### [Supplied material]
-- ===== src/Server/Publish/Wf.antt =====
-- Publishing and unpublishing in server/inner.rs keep the invariant and never panic.
use frclib_nettables.Base.{ℕ, ◌+◌, ◌^◌, ◌<◌, Bool-cases, inl, inr, ◌==◌}
use frclib_nettables.Base.Map.{nat_key, lookup}
use frclib_nettables.Server.Clients.{count_down, server_client_idx}
use frclib_nettables.Server.Publish.{
  enter_publisher, update_publishers, release_topic, inner_publish_topic, inner_unpublish_topic,
  topic_name_or_default,
}
use frclib_nettables.Server.State.{InnerServer}
use frclib_nettables.Server.State.Holds.{
  Keeps, Holds-bind, Holds-ok_or, Holds-pure, Holds-fail, Holds-gets, Holds-modify,
  Holds-with_client, ok-ne-panicked,
}
use frclib_nettables.Server.Topics.Wf.{
  IsWfTo, add_topic-IsWf, remove_topic-IsWf, announce_topic-IsWf,
}
use frclib_nettables.Spec.Messages.{PublishTopic, UnpublishTopic, from_publish_topic}
use frclib_nettables.Spec.MetaTopic.{MetaTopicValue, ClientPublisherMte, merge, reduce}
use frclib_nettables.Spec.Wire.{Wire}

module _ {V : Type 0} (n : ℕ) where
  update_publishers-IsWf :
      (change : MetaTopicValue → MetaTopicValue → MetaTopicValue) (mte : ClientPublisherMte)
      (client_idx : ℕ) (s : InnerServer V)
      → IsWfTo n s
      → Keeps (IsWfTo n) (update_publishers change mte client_idx s)
  unfolding update_publishers
  update_publishers-IsWf change mte c s v = elim (Bool-cases (c == server_client_idx)) [
    | inl server ↦ rw server (Holds-pure _ _ v)
    | inr external ↦
        rw external (Holds-gets _ _ s (Holds-ok_or _ _ _ s (λ _. v) λ (p, q) e. Holds-pure _ _ v))
  ]

  release_topic-IsWf :
      (topic_idx : ℕ) (s : InnerServer V)
      → IsWfTo n s
      → Keeps (IsWfTo n) (release_topic topic_idx s)
  unfolding release_topic
  release_topic-IsWf i s v = Holds-gets _ _ s (
      Holds-ok_or _ _ _ s (λ _. v)
        λ count e. Holds-modify _ _ s (elim (Bool-cases (count_down count == 0)) [
          | inl last ↦ rw last (
              Holds-bind (λ _ t. IsWfTo n t) _ _ _ (remove_topic-IsWf i n _ v)
                λ _ t u. Holds-pure _ _ u)
          | inr more ↦ rw more (Holds-pure _ _ v)
        ]))

  -- From a well-formed server `inner_unpublish_topic` leads to a well-formed server, whether it
  -- succeeds or fails, and never panics.
  pub inner_unpublish_topic-IsWf :
      (msg : UnpublishTopic) (client_idx : ℕ) (s : InnerServer V)
      → IsWfTo n s
      → Keeps (IsWfTo n) (inner_unpublish_topic msg client_idx s)
  unfolding inner_unpublish_topic
  inner_unpublish_topic-IsWf msg c s v = Holds-gets _ _ s (
      Holds-ok_or _ _ _ s (λ _. v)
        λ connected e.
          Holds-bind (λ _ t. IsWfTo n t) _ _ s
            (Holds-with_client c _ _ s (λ _. Holds-pure _ _ v) (λ _. ok-ne-panicked) (λ _. v)
              (λ _. v))
            λ _ t u.
              Holds-ok_or _ _ _ t (λ _. u)
                λ i f. Holds-gets _ _ t (
                  Holds-bind (λ _ x. IsWfTo n x) _ _ t (release_topic-IsWf i t u)
                    λ _ x y.
                      update_publishers-IsWf reduce
                        (record {
                          topic = topic_name_or_default (lookup i t.topics);
                          uid = msg.pubuid;
                        })
                        c x y))

module _ {V : Type 0} (n : ℕ) where
  -- From a well-formed server with room for three more topics, `inner_publish_topic` leads to a
  -- well-formed server with at most three more topics, whether it succeeds or fails, and never
  -- panics.
  pub inner_publish_topic-IsWf :
      (w : Wire V) (msg : PublishTopic) (client_idx : ℕ) (s : InnerServer V)
      → n + 3 < 2 ^ 32
      → IsWfTo n s
      → Keeps (IsWfTo (n + 3)) (inner_publish_topic w msg client_idx s)
  unfolding inner_publish_topic enter_publisher
  inner_publish_topic-IsWf w msg c s room v =
      Holds-bind (λ _ t. IsWfTo (n + 3) t) _ _ s
        (add_topic-IsWf w (from_publish_topic msg) n s room v)
        λ i t u.
          Holds-bind (λ _ x. IsWfTo (n + 3) x) _ _ t (announce_topic-IsWf w i _ (n + 3) t u)
            λ _ x y.
              Holds-bind (λ _ x. IsWfTo (n + 3) x) _ _ x
                (Holds-with_client c _ _ x (λ _. Holds-fail _ _ y) (λ _. ok-ne-panicked) (λ _. y)
                  (λ _. y))
                λ _ z q.
                  Holds-bind (λ _ x. IsWfTo (n + 3) x) _ _ z
                    (update_publishers-IsWf (n + 3) merge
                      (record { topic = msg.name; uid = msg.pubuid }) c z q)
                    λ _ z' q'. Holds-pure _ _ q'
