-- ===== src/Server/Invariant/Stores.antt =====
-- The invariant when the topics, the stores of values or the instants of server/inner.rs change.
use frclib_nettables.Base.{ℕ, ◌≡◌, ◌≢◌, ◌⊎◌, inl, inr, none, some, List, arith, Option-cases}
use frclib_nettables.Base.Map.{Map, nat_key, lookup, insert, adjust, lookup-insert, lookup-adjust}
use frclib_nettables.Base.Text.{Text}
use frclib_nettables.Server.Invariant.{Wf}
use frclib_nettables.Server.Util.{StoredSubValue}
use frclib_nettables.Spec.Subscription.{Subscription}
use frclib_nettables.Spec.Topic.{Topic}

-- Where an entry of an adjusted map comes from.
adjust-origin :
    {A : Type 0} (k j : ℕ) (f : A → A) (m : Map ℕ A) (a : A)
    → lookup j (adjust k f m) ≡ some a
    → (b : A) × (lookup j m ≡ some b) × ((a ≡ b) ⊎ (a ≡ f b))
adjust-origin k j f m a h = elim (Option-cases (lookup j m)) [
  | inl e ↦ absurd (ground (arith, lookup-adjust k j f m))
  | inr (b, e) ↦ (b, e, ground (arith, lookup-adjust k j f m))
]

module _ {V : Type 0} {next : ℕ} {topics : Map ℕ Topic} {topic_map : Map Text ℕ}
    {topic_sub_map : Map ℕ (List ℕ)} {subs : Map ℕ (Subscription × ℕ)}
    {vals : Map ℕ (StoredSubValue V)} {stamps : Map ℕ ℕ}
    (v : Wf next topics topic_map topic_sub_map subs vals stamps) where
  -- Other stores and instants, none of them lost.
  pub Wf-stores :
      (vals' : Map ℕ (StoredSubValue V)) (stamps' : Map ℕ ℕ)
      → ((j : ℕ) → lookup j vals ≢ none → lookup j vals' ≢ none)
      → ((j : ℕ) → lookup j stamps ≢ none → lookup j stamps' ≢ none)
      → Wf next topics topic_map topic_sub_map subs vals' stamps'
  Wf-stores vals' stamps' keep stamp = record {
    name_of = v.name_of;
    named_once = v.named_once;
    mapped_fresh = v.mapped_fresh;
    topics_fresh = v.topics_fresh;
    mapped_subs = v.mapped_subs;
    topics_subs = v.topics_subs;
    listed = λ i j l m k. keep j (v.listed i j l m k);
    stored = λ j x m. keep j (v.stored j x m);
    stamped = λ j x m. stamp j (v.stamped j x m);
  }

  -- Topics that keep their names.
  pub Wf-adjust_topic :
      (k : ℕ) (f : Topic → Topic)
      → ((t : Topic) → (f t).name ≡ t.name)
      → Wf next (adjust k f topics) topic_map topic_sub_map subs vals stamps
  Wf-adjust_topic k f same = record {
    name_of = λ i n t m e.
        let (b, there, from) = adjust-origin k i f topics t e in
        ground (arith, v.name_of i n b m there, same b);
    named_once = v.named_once;
    mapped_fresh = v.mapped_fresh;
    topics_fresh = λ i t e.
        v.topics_fresh i (adjust-origin k i f topics t e).0 (adjust-origin k i f topics t e).1;
    mapped_subs = v.mapped_subs;
    topics_subs = λ i t e.
        v.topics_subs i (adjust-origin k i f topics t e).0 (adjust-origin k i f topics t e).1;
    listed = v.listed;
    stored = v.stored;
    stamped = v.stamped;
  }

pub lookup-adjust_kept :
    {A : Type 0} (k j : ℕ) (f : A → A) (m : Map ℕ A)
    → lookup j m ≢ none
    → lookup j (adjust k f m) ≢ none
lookup-adjust_kept k j f m h e = ground (arith, lookup-adjust k j f m)

pub lookup-insert_kept :
    {A : Type 0} (k j : ℕ) (a : A) (m : Map ℕ A)
    → lookup j m ≢ none
    → lookup j (insert k a m) ≢ none
lookup-insert_kept k j a m h e = ground (arith, lookup-insert k j a m)

pub lookup-insert_there :
    {A : Type 0} (k : ℕ) (a : A) (m : Map ℕ A) → lookup k (insert k a m) ≢ none
lookup-insert_there k a m e = ground (arith, lookup-insert k k a m)
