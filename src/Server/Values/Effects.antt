-- ===== src/Server/Values/Effects.antt =====
-- What `set_value` of server/inner.rs does to the values and to the subscriptions of a topic.
use frclib_nettables.Base.{
  ℕ, ◌≡◌, ◌≢◌, refl, ◌∙◌, ap, false, Option, none, some, List, [], ◌∷◌, arith, Option-cases, inl,
  inr, In, ite,
}
use frclib_nettables.Base.Map.{
  Map, nat_key, text_key, lookup, insert, adjust, lookup-insert, lookup-adjust,
}
use frclib_nettables.Server.Invariant.Stores.{lookup-adjust_kept}
use frclib_nettables.Server.State.{InnerServer, ◌>>=◌}
use frclib_nettables.Server.State.Holds.{
  Holds, Holds-bind, Holds-ok_or, Holds-pure, Holds-gets, Holds-unwrap, Holds-weaken,
}
use frclib_nettables.Server.Topics.{is_meta_name}
use frclib_nettables.Server.Util.{ServerSendableValue, StoredSubValue, normal_value, add_value}
use frclib_nettables.Server.Values.{
  queue_one, queue_value, check_normal, set_value, get_value, latest,
}
use frclib_nettables.Spec.Error.{ok}
use frclib_nettables.Spec.Extensions.{TimestampedValue}
use frclib_nettables.Spec.Topic.{Topic}

module _ {V : Type 0} where
  -- A store once a value was added, as often as its subscription stands in a list.
  abbrev pub received : ℕ → ServerSendableValue V → ℕ → List ℕ → StoredSubValue V → StoredSubValue V
  received i v j [] stored = stored
  received i v j (k ∷ ks) stored =
      received i v j ks (ite (nat_key.decide k j) (add_value i v stored) stored)

  abbrev pub received? :
      ℕ → ServerSendableValue V → ℕ → List ℕ → Option (StoredSubValue V) → Option (StoredSubValue V)
  received? i v j ks none = none
  received? i v j ks (some stored) = some (received i v j ks stored)

  -- The stores after the loop, and all else as it was.
  abbrev Queued : ℕ → ServerSendableValue V → List ℕ → InnerServer V → InnerServer V → Type 0
  Queued i v subs s t =
      (t ≡ record s { sub_values = t.sub_values })
      × ((j : ℕ) → lookup j t.sub_values ≡ received? i v j subs (lookup j s.sub_values))

  received?-step :
      (i : ℕ) (v : ServerSendableValue V) (j k : ℕ) (ks : List ℕ) (m : Map ℕ (StoredSubValue V))
      → received? i v j ks (lookup j (adjust k (add_value i v) m))
        ≡ received? i v j (k ∷ ks) (lookup j m)
  received?-step i v j k ks m = rw (lookup-adjust k j (add_value i v) m) (split (lookup j m))
    where
      split :
          (o : Option (StoredSubValue V))
          → received? i v j ks (
              ite (nat_key.decide k j) (elim o [ none ↦ none | some x ↦ some (add_value i v x) ]) o)
            ≡ received? i v j (k ∷ ks) o
      split none = ground arith
      split (some x) = ground arith

  queue_value-Queued :
      (i : ℕ) (v : ServerSendableValue V) (subs : List ℕ) (s : InnerServer V)
      → ((j : ℕ) → In j subs → lookup j s.sub_values ≢ none)
      → Holds (λ _ t. Queued i v subs s t) (λ _. ⊥) (queue_value i v subs s)
  unfolding queue_value queue_one
  queue_value-Queued i v [] s known = Holds-pure _ _ (refl, λ j. ground arith)
  queue_value-Queued i v (k ∷ ks) s known = elim (Option-cases (lookup k s.sub_values)) [
    | inl e ↦ absurd (known k (inl refl) e)
    | inr (x, e) ↦
        Holds-bind (λ _ t. t ≡ record s { sub_values = adjust k (add_value i v) s.sub_values }) _ _
          s (rw (e, queue_one) (Holds-pure _ _ refl))
          λ _ t u. rw u (
            Holds-weaken
              (λ _ y.
                Queued i v ks (record s { sub_values = adjust k (add_value i v) s.sub_values }) y)
              (λ _. ⊥) _ (λ _ y q. (q.0, λ j. q.1 j ∙ received?-step i v j k ks s.sub_values))
              (λ y h. h)
              (queue_value-Queued i v ks _
                λ j m. lookup-adjust_kept k j (add_value i v) s.sub_values (known j (inr m))))
  ]

  get_value-some :
      (i : ℕ) (v : TimestampedValue V) (t : InnerServer V)
      → lookup i t.topic_value_map ≡ some v
      → get_value i t ≡ (ok v, t)
  unfolding get_value ◌>>=◌
  get_value-some i v t e = rw e refl

  -- A value for a topic that there is and that is no metatopic is kept if it is newer, is queued
  -- for every subscription of the topic, as often as it stands in the list of the topic, and
  -- changes no other store, no other value and nothing else. Then `get_value` reads what is kept.
  pub set_value-effect :
      (value : TimestampedValue V) (i : ℕ) (s : InnerServer V) (topic : Topic) (subs : List ℕ)
      → lookup i s.topics ≡ some topic
      → is_meta_name topic.name ≡ false
      → lookup i s.topic_sub_map ≡ some subs
      → ((j : ℕ) → In j subs → lookup j s.sub_values ≢ none)
      → Holds
          (λ _ t.
            (get_value i t ≡ (ok (latest (lookup i s.topic_value_map) value), t))
            × ((k : ℕ)
                → lookup k t.topic_value_map
                  ≡ ite
                      (nat_key.decide i k)
                      (some (latest (lookup i s.topic_value_map) value))
                      (lookup k s.topic_value_map))
            × ((j : ℕ)
                → lookup j t.sub_values
                  ≡ received? i (normal_value value) j subs (lookup j s.sub_values))
            × (t ≡ record s { sub_values = t.sub_values; topic_value_map = t.topic_value_map }))
          (λ _. ⊥)
          (set_value value i s)
  unfolding set_value check_normal
  set_value-effect value i s topic subs e plain f known =
      Holds-bind (λ _ t. t ≡ s) _ _ s (checked s e plain)
        λ _ t u. rw u (
          Holds-gets _ _ s (
            Holds-unwrap _ _ s (λ h. ground (arith, f))
              λ subs' f'.
                let same : subs' ≡ subs = ground (arith, f) in
                Holds-bind (λ _ x. Queued i (normal_value value) subs s x) _ _ s
                  (rw same (queue_value-Queued i (normal_value value) subs s known))
                  λ _ x q. Holds-pure _ _ (final x q.0 q.1)))
    where
      checked :
          (s : InnerServer V)
          → lookup i s.topics ≡ some topic
          → is_meta_name topic.name ≡ false
          → Holds (λ _ t. t ≡ s) (λ _. ⊥) (check_normal i s)
      checked s e plain = Holds-gets _ _ s (
          Holds-ok_or _ _ _ s (λ h. ground (arith, e))
            λ topic' e'.
              let same : topic' ≡ topic = ground (arith, e) in
              rw (same, plain) (Holds-pure _ _ refl))

      final :
          (x : InnerServer V)
          → x ≡ record s { sub_values = x.sub_values }
          → ((j : ℕ)
              → lookup j x.sub_values
                ≡ received? i (normal_value value) j subs (lookup j s.sub_values))
          → let t = record x {
            topic_value_map =
                insert i (latest (lookup i x.topic_value_map) value) x.topic_value_map;
          } in
            (get_value i t ≡ (ok (latest (lookup i s.topic_value_map) value), t))
            × ((k : ℕ)
                → lookup k t.topic_value_map
                  ≡ ite
                      (nat_key.decide i k)
                      (some (latest (lookup i s.topic_value_map) value))
                      (lookup k s.topic_value_map))
            × ((j : ℕ)
                → lookup j t.sub_values
                  ≡ received? i (normal_value value) j subs (lookup j s.sub_values))
            × (t ≡ record s { sub_values = t.sub_values; topic_value_map = t.topic_value_map })
      final x e stores =
          let same : x.topic_value_map ≡ s.topic_value_map =
            ap (λ (y : InnerServer V). y.topic_value_map) e in
          (
            get_value-some i _ _ (
                ground (
                  arith,
                  lookup-insert i i (latest (lookup i x.topic_value_map) value) x.topic_value_map,
                  same,
                )),
            (λ k. ground (
              arith,
              lookup-insert i k (latest (lookup i x.topic_value_map) value) x.topic_value_map,
              same,
            )),
            stores,
            ap
                (λ (y : InnerServer V). record y {
                  topic_value_map =
                      insert i (latest (lookup i x.topic_value_map) value) x.topic_value_map;
                })
                e,
          )
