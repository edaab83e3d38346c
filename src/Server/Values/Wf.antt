-- ===== src/Server/Values/Wf.antt =====
-- Values and properties in server/inner.rs keep the invariant and never panic.
use frclib_nettables.Base.{
  ℕ, ◌≡◌, ◌≢◌, refl, sym, subst, none, List, [], ◌∷◌, arith, Option-cases, Bool-cases, inl, inr, In,
}
use frclib_nettables.Base.Map.{nat_key, text_key, lookup, In-of_lookup}
use frclib_nettables.Server.Invariant.Stores.{Wf-stores, Wf-adjust_topic, lookup-adjust_kept}
use frclib_nettables.Server.State.{InnerServer}
use frclib_nettables.Server.State.Holds.{
  Holds, Keeps, Holds-bind, Holds-ok_or, Holds-pure, Holds-fail, Holds-gets, Holds-unwrap,
}
use frclib_nettables.Server.Topics.{is_meta_name}
use frclib_nettables.Server.Topics.Wf.{IsWfTo}
use frclib_nettables.Server.Util.{ServerSendableValue, add_value}
use frclib_nettables.Server.Values.{
  queue_one, queue_value, check_normal, set_value, set_properties, update_properties,
}
use frclib_nettables.Spec.Extensions.{TimestampedValue}
use frclib_nettables.Spec.Messages.{SetProperties}
use frclib_nettables.Spec.Topic.{Topic, PublishProperties}

update_properties-name : (p : PublishProperties) (t : Topic) → (update_properties p t).name ≡ t.name
unfolding update_properties
update_properties-name p t = ground arith

module _ {V : Type 0} (n : ℕ) where
  queue_one-IsWf :
      (topic_idx : ℕ) (value : ServerSendableValue V) (j : ℕ) (s : InnerServer V)
      → IsWfTo n s
      → lookup j s.sub_values ≢ none
      → Holds
          (λ _ t.
            IsWfTo n t × ((k : ℕ) → lookup k s.sub_values ≢ none → lookup k t.sub_values ≢ none))
          (IsWfTo n)
          (queue_one topic_idx value j s)
  unfolding queue_one
  queue_one-IsWf i value j s v known = elim (Option-cases (lookup j s.sub_values)) [
    | inl e ↦ absurd (known e)
    | inr (_, e) ↦
        rw (e, queue_one)
          (Holds-pure _ _ (
            (
              Wf-stores v.0 _ _ (λ k. lookup-adjust_kept j k (add_value i value) s.sub_values)
                  (λ k h. h),
              v.1,
            ),
            λ k. lookup-adjust_kept j k (add_value i value) s.sub_values,
          ))
  ]

  queue_value-IsWf :
      (topic_idx : ℕ) (value : ServerSendableValue V) (subs : List ℕ) (s : InnerServer V)
      → IsWfTo n s
      → ((j : ℕ) → In j subs → lookup j s.sub_values ≢ none)
      → Keeps (IsWfTo n) (queue_value topic_idx value subs s)
  unfolding queue_value
  queue_value-IsWf i value [] s v known = Holds-pure _ _ v
  queue_value-IsWf i value (j ∷ rest) s v known =
      Holds-bind
        (λ _ t.
          IsWfTo n t × ((k : ℕ) → lookup k s.sub_values ≢ none → lookup k t.sub_values ≢ none))
        _ _ s (queue_one-IsWf i value j s v (known j (inl refl)))
        λ _ t u. queue_value-IsWf i value rest t u.0 (λ k m. u.1 k (known k (inr m)))

  check_normal-there :
      (topic_idx : ℕ) (s : InnerServer V)
      → IsWfTo n s
      → Holds
          (λ _ t. (t ≡ s) × (lookup topic_idx s.topics ≢ none))
          (IsWfTo n)
          (check_normal topic_idx s)
  unfolding check_normal
  check_normal-there i s v = Holds-gets _ _ s (
      Holds-ok_or _ _ _ s (λ _. v)
        λ topic e. elim (Bool-cases (is_meta_name topic.name)) [
          | inl meta ↦ rw meta (Holds-fail _ _ v)
          | inr plain ↦ rw plain (Holds-pure _ _ (refl, λ h. ground arith))
        ])

  -- From a well-formed server `set_value` leads to a well-formed server, whether it succeeds or
  -- fails, and none of its `unwrap`s panics.
  pub set_value-IsWf :
      (value : TimestampedValue V) (topic_idx : ℕ) (s : InnerServer V)
      → IsWfTo n s
      → Keeps (IsWfTo n) (set_value value topic_idx s)
  unfolding set_value
  set_value-IsWf value i s v = Holds-bind _ _ _ s (check_normal-there i s v) λ _ t u.
      let vt : IsWfTo n t = subst (IsWfTo n) (sym u.0) v in
      let there : lookup i t.topics ≢ none = rw u.0 u.1 in
      Holds-gets _ _ t (
        Holds-unwrap _ _ t (topics_listed i t vt there) λ subs e.
          Holds-bind (λ _ x. IsWfTo n x) _ _ t
            (queue_value-IsWf i _ subs t vt
              (λ j m. vt.0.listed i j subs (In-of_lookup i subs t.topic_sub_map e) m))
            (λ _ x y. Holds-pure _ _ y))
    where
      topics_listed :
          (i : ℕ) (t : InnerServer V)
          → IsWfTo n t
          → lookup i t.topics ≢ none
          → lookup i t.topic_sub_map ≢ none
      topics_listed i t v h = elim (Option-cases (lookup i t.topics)) [
        | inl e ↦ absurd (h e)
        | inr (topic, e) ↦ v.0.topics_subs i topic e
      ]

  -- From a well-formed server `set_properties` leads to a well-formed server, whether it succeeds
  -- or fails, and never panics.
  pub set_properties-IsWf :
      (msg : SetProperties) (s : InnerServer V)
      → IsWfTo n s
      → Keeps (IsWfTo n) (set_properties msg s)
  unfolding set_properties
  set_properties-IsWf msg s v = Holds-gets _ _ s (
      Holds-ok_or _ _ _ s (λ _. v)
        λ i e. Holds-gets _ _ s (
          Holds-ok_or _ _ _ s (λ _. v)
            λ topic f. Holds-pure _ _ (
              Wf-adjust_topic v.0 i (update_properties msg.update)
                  (update_properties-name msg.update),
              v.1,
            )))
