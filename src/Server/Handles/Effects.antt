-- ===== src/Server/Handles/Effects.antt =====
-- What the operations of server/handles.rs do.
use frclib_nettables.Base.{
  ℕ, ◌+◌, ◌^◌, ◌<◌, ◌≡◌, refl, ◌∙◌, ap, subst, sym, false, Option, some, Option-cases, inl, inr,
}
use frclib_nettables.Base.Map.{nat_key, text_key, Map, lookup, In-of_lookup}
use frclib_nettables.Base.Text.{Text}
use frclib_nettables.Server.Clients.{server_client_idx}
use frclib_nettables.Server.Handles.{
  publish_topic_w_props, set_topic_value_w_timestamp, set_topic_value, get_topic_value,
}
use frclib_nettables.Server.Publish.Effects.{SameTopics, inner_publish_topic-known}
use frclib_nettables.Server.Publish.Wf.{inner_publish_topic-IsWf}
use frclib_nettables.Server.State.{InnerServer, ◌>>=◌}
use frclib_nettables.Server.State.Holds.{Holds, Keeps, Holds-bind, Holds-weaken}
use frclib_nettables.Server.Topics.{is_meta_name}
use frclib_nettables.Server.Topics.Wf.{IsWfTo}
use frclib_nettables.Server.Values.{set_value, get_topic_idx, get_value, latest}
use frclib_nettables.Server.Values.Effects.{set_value-effect}
use frclib_nettables.Server.Values.Wf.{set_value-IsWf}
use frclib_nettables.Server.Wording.{topic_name_not_found_text}
use frclib_nettables.Spec.Error.{Outcome, ok, err, panicked, server_error, topic_does_not_exist}
use frclib_nettables.Spec.Extensions.{TimestampedValue}
use frclib_nettables.Spec.Topic.{Topic, PublishProperties}
use frclib_nettables.Spec.Wire.{Wire}

Holds-both :
    {S A : Type 0} {Q P : A → S → Type 0} {E F : S → Type 0} (r : Outcome A × S)
    → Holds Q E r
    → Holds P F r
    → Holds (λ a t. Q a t × P a t) (λ t. E t × F t) r
Holds-both (ok a, t) h k = record { ends = (h.ends, k.ends) }
Holds-both (err e, t) h k = record { ends = (h.ends, k.ends) }
Holds-both (panicked, t) h k = absurd h.ends

module _ {V : Type 0} where
  -- The values of the server can neither be set nor read by name: for every name, also of a topic
  -- that there is, the operations fail and leave the server as it was.
  by_name-fails :
      (topic_name : Text) (value : V) (now : ℕ) (s : InnerServer V)
      → (set_topic_value now topic_name value s
          ≡ (err (server_error (topic_does_not_exist (topic_name_not_found_text topic_name))), s))
        × (get_topic_value topic_name s
            ≡ (err (server_error (topic_does_not_exist (topic_name_not_found_text topic_name))), s))
  unfolding set_topic_value set_topic_value_w_timestamp get_topic_value get_topic_idx ◌>>=◌
  by_name-fails topic_name value now s = (refl, refl)

  -- Publishing through a handle leads from a well-formed server to one, and never panics.
  pub publish_topic_w_props-IsWf :
      (w : Wire V) (uid now : ℕ) (name : Text) (value : V) (props : Option PublishProperties)
      (n : ℕ) (s : InnerServer V)
      → n + 3 < 2 ^ 32
      → IsWfTo n s
      → Keeps (IsWfTo (n + 3)) (publish_topic_w_props w uid now name value props s)
  unfolding publish_topic_w_props
  publish_topic_w_props-IsWf w uid now name value props n s room wf =
      Holds-bind (λ _ t. IsWfTo (n + 3) t) _ _ s (inner_publish_topic-IsWf n w _ _ s room wf)
        λ i t v. set_value-IsWf (n + 3) _ i t v

  set_value-latest :
      (value : TimestampedValue V) (n i : ℕ) (topic : Topic) (t : InnerServer V)
      → IsWfTo n t
      → lookup i t.topics ≡ some topic
      → is_meta_name topic.name ≡ false
      → Holds
          (λ _ u. get_value i u ≡ (ok (latest (lookup i t.topic_value_map) value), u))
          (λ _. ⊥)
          (set_value value i t)
  set_value-latest value n i topic t (wf, bound) f plain =
      elim (Option-cases (lookup i t.topic_sub_map)) [
        | inl missing ↦ absurd (wf.topics_subs i topic f missing)
        | inr (subs, g) ↦
            Holds-weaken _ (λ _. ⊥) _ (λ _ u h. h.0) (λ _ h. h)
              (set_value-effect value i t topic subs f plain g
                (λ j m. wf.listed i j subs (In-of_lookup i subs t.topic_sub_map g) m))
      ]

  -- A well-formed server with room for three more topics publishes a topic that there is and that
  -- is no metatopic. If it succeeds, the topic
  -- has the value given, or keeps the one that it had if that is as new; if it fails, all values
  -- are as they were.
  pub publish_topic_w_props-value :
      (w : Wire V) (uid now : ℕ) (name : Text) (value : V) (props : Option PublishProperties)
      (n i : ℕ) (topic : Topic) (s : InnerServer V)
      → n + 3 < 2 ^ 32
      → IsWfTo n s
      → lookup name s.topic_map ≡ some i
      → lookup i s.topics ≡ some topic
      → is_meta_name topic.name ≡ false
      → Holds
          (λ _ t. get_value i t ≡ (
            ok (latest (lookup i s.topic_value_map) (record { timestamp = now; value = value })),
            t,
          ))
          (λ t. t.topic_value_map ≡ s.topic_value_map)
          (publish_topic_w_props w uid now name value props s)
  unfolding publish_topic_w_props
  publish_topic_w_props-value w uid now name value props n i topic s room wf e f plain =
      Holds-bind (λ j t. ((j ≡ i) × SameTopics s t) × IsWfTo (n + 3) t) _ _ s
        (Holds-weaken _ (λ t. SameTopics s t × IsWfTo (n + 3) t) _ (λ j t h. h) (λ t h. h.0.4)
          (Holds-both _ (inner_publish_topic-known w _ server_client_idx i s e)
            (inner_publish_topic-IsWf n w _ server_client_idx s room wf)))
        λ j t ((same, u), v).
          let new : TimestampedValue V = record { timestamp = now; value = value } in
          Holds-weaken _ (λ _. ⊥) _ (λ _ x h. h ∙ ap (λ m. (ok (latest (lookup i m) new), x)) u.4)
            (λ _ h. absurd h)
            (subst
              (λ k.
                Holds (λ _ x. get_value i x ≡ (ok (latest (lookup i t.topic_value_map) new), x))
                  (λ _. ⊥) (set_value new k t))
              (sym same)
              (set_value-latest new (n + 3) i topic t v
                (ap (λ (m : Map ℕ Topic). lookup i m) u.1 ∙ f) plain))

### [What to produce]
Go through the listing above and return every line where the word "UnpublishTopic" occurs.

### [Problem solution]
use frclib_nettables.Spec.Messages.{PublishTopic, UnpublishTopic, from_publish_topic}
      (msg : UnpublishTopic) (client_idx : ℕ) (s : InnerServer V)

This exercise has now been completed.